Records for processing Start Marker

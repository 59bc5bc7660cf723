-- ===== src/Swap/Reverse.antt =====
-- The reverse map is a map from pages.
use hobbyos.Base.{
  ℕ, ◌/◌, ◌<◌, ◌≡◌, refl, ap, ◌∙◌, true, false, ◌&&◌, not, Option, none, some, List, ltb, ◌==◌,
  if◌then◌else◌, length, set, get_or-set, arith, Bool-cases, inl, inr,
}
use hobbyos.Process.{page_size}
use hobbyos.Swap.{RmapEntry, no_entry, rmap_set, rmap_clear, rmap_get, rmap_max_pages}

module _ (phys other : ℕ) (table : List RmapEntry) (size : length table ≡ rmap_max_pages)
    (inside : phys / page_size < rmap_max_pages) where
  here : ltb (phys / page_size) rmap_max_pages ≡ true
  here = ground (arith, inside)

  -- What a lookup finds of a table with one entry written.
  written :
      (e : RmapEntry)
      → rmap_get other (set table (phys / page_size) e) ≡ (
          if other / page_size == phys / page_size
          then if not (e.pid == 0) then some e else none
          else rmap_get other table)
  unfolding rmap_get
  written e =
      let i = phys / page_size in
      let o = other / page_size in
      let look : RmapEntry → Option RmapEntry =
        λ x. if ltb o rmap_max_pages && not (x.pid == 0) then some x else none in
      let found = ap look (get_or-set table i o e no_entry (rw size inside)) in
      elim (Bool-cases (o == i)) [
        | inl same ↦
            (let back : (i == o) ≡ true = ground (arith, same) in
              let low : ltb o rmap_max_pages ≡ true = ground (arith, same, inside) in
              found ∙ rw (back, same, low) refl)
        | inr differs ↦
            (let back : (i == o) ≡ false = ground (arith, differs) in
              found ∙ rw (back, differs) refl)
      ]

  -- A lookup after a mapping is set finds it at every address of its page, one after it is cleared
  -- finds none there, and the other pages are as they were.
  pub rmap_get-set :
      (pid virt : ℕ)
      → (pid == 0) ≡ false
      → (let same = other / page_size == phys / page_size in
          (rmap_get other (rmap_set phys pid virt table) ≡ (
            if same then some (record { pid = pid; virt_addr = virt }) else rmap_get other table))
          × (rmap_get other (rmap_clear phys table)
              ≡ (if same then none else rmap_get other table)))
  unfolding rmap_set rmap_clear
  rmap_get-set pid virt nonzero = rw here (
    written (record { pid = pid; virt_addr = virt })
        ∙ ap
            (λ b.
              if other / page_size == phys / page_size
              then if not b then some (record { pid = pid; virt_addr = virt }) else none
              else rmap_get other table)
            nonzero,
    written no_entry,
  )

Records for processing End Marker

**Exercise instructions:** Reproduce the entries so that each line reads exactly as it did before.

**Exercise solution:**
repository 59bc5bc7660cf723
-- ===== src/Swap/Reverse.antt =====
-- The reverse map is a map from pages.
use hobbyos.Base.{
  ℕ, ◌/◌, ◌<◌, ◌≡◌, refl, ap, ◌∙◌, true, false, ◌&&◌, not, Option, none, some, List, ltb, ◌==◌,
  if◌then◌else◌, length, set, get_or-set, arith, Bool-cases, inl, inr,
}
use hobbyos.Process.{page_size}
use hobbyos.Swap.{RmapEntry, no_entry, rmap_set, rmap_clear, rmap_get, rmap_max_pages}

module _ (phys other : ℕ) (table : List RmapEntry) (size : length table ≡ rmap_max_pages)
    (inside : phys / page_size < rmap_max_pages) where
  here : ltb (phys / page_size) rmap_max_pages ≡ true
  here = ground (arith, inside)

  -- What a lookup finds of a table with one entry written.
  written :
      (e : RmapEntry)
      → rmap_get other (set table (phys / page_size) e) ≡ (
          if other / page_size == phys / page_size
          then if not (e.pid == 0) then some e else none
          else rmap_get other table)
  unfolding rmap_get
  written e =
      let i = phys / page_size in
      let o = other / page_size in
      let look : RmapEntry → Option RmapEntry =
        λ x. if ltb o rmap_max_pages && not (x.pid == 0) then some x else none in
      let found = ap look (get_or-set table i o e no_entry (rw size inside)) in
      elim (Bool-cases (o == i)) [
        | inl same ↦
            (let back : (i == o) ≡ true = ground (arith, same) in
              let low : ltb o rmap_max_pages ≡ true = ground (arith, same, inside) in
              found ∙ rw (back, same, low) refl)
        | inr differs ↦
            (let back : (i == o) ≡ false = ground (arith, differs) in
              found ∙ rw (back, differs) refl)
      ]

  -- A lookup after a mapping is set finds it at every address of its page, one after it is cleared
  -- finds none there, and the other pages are as they were.
  pub rmap_get-set :
      (pid virt : ℕ)
      → (pid == 0) ≡ false
      → (let same = other / page_size == phys / page_size in
          (rmap_get other (rmap_set phys pid virt table) ≡ (
            if same then some (record { pid = pid; virt_addr = virt }) else rmap_get other table))
          × (rmap_get other (rmap_clear phys table)
              ≡ (if same then none else rmap_get other table)))
  unfolding rmap_set rmap_clear
  rmap_get-set pid virt nonzero = rw here (
    written (record { pid = pid; virt_addr = virt })
        ∙ ap
            (λ b.
              if other / page_size == phys / page_size
              then if not b then some (record { pid = pid; virt_addr = virt }) else none
              else rmap_get other table)
            nonzero,
    written no_entry,
  )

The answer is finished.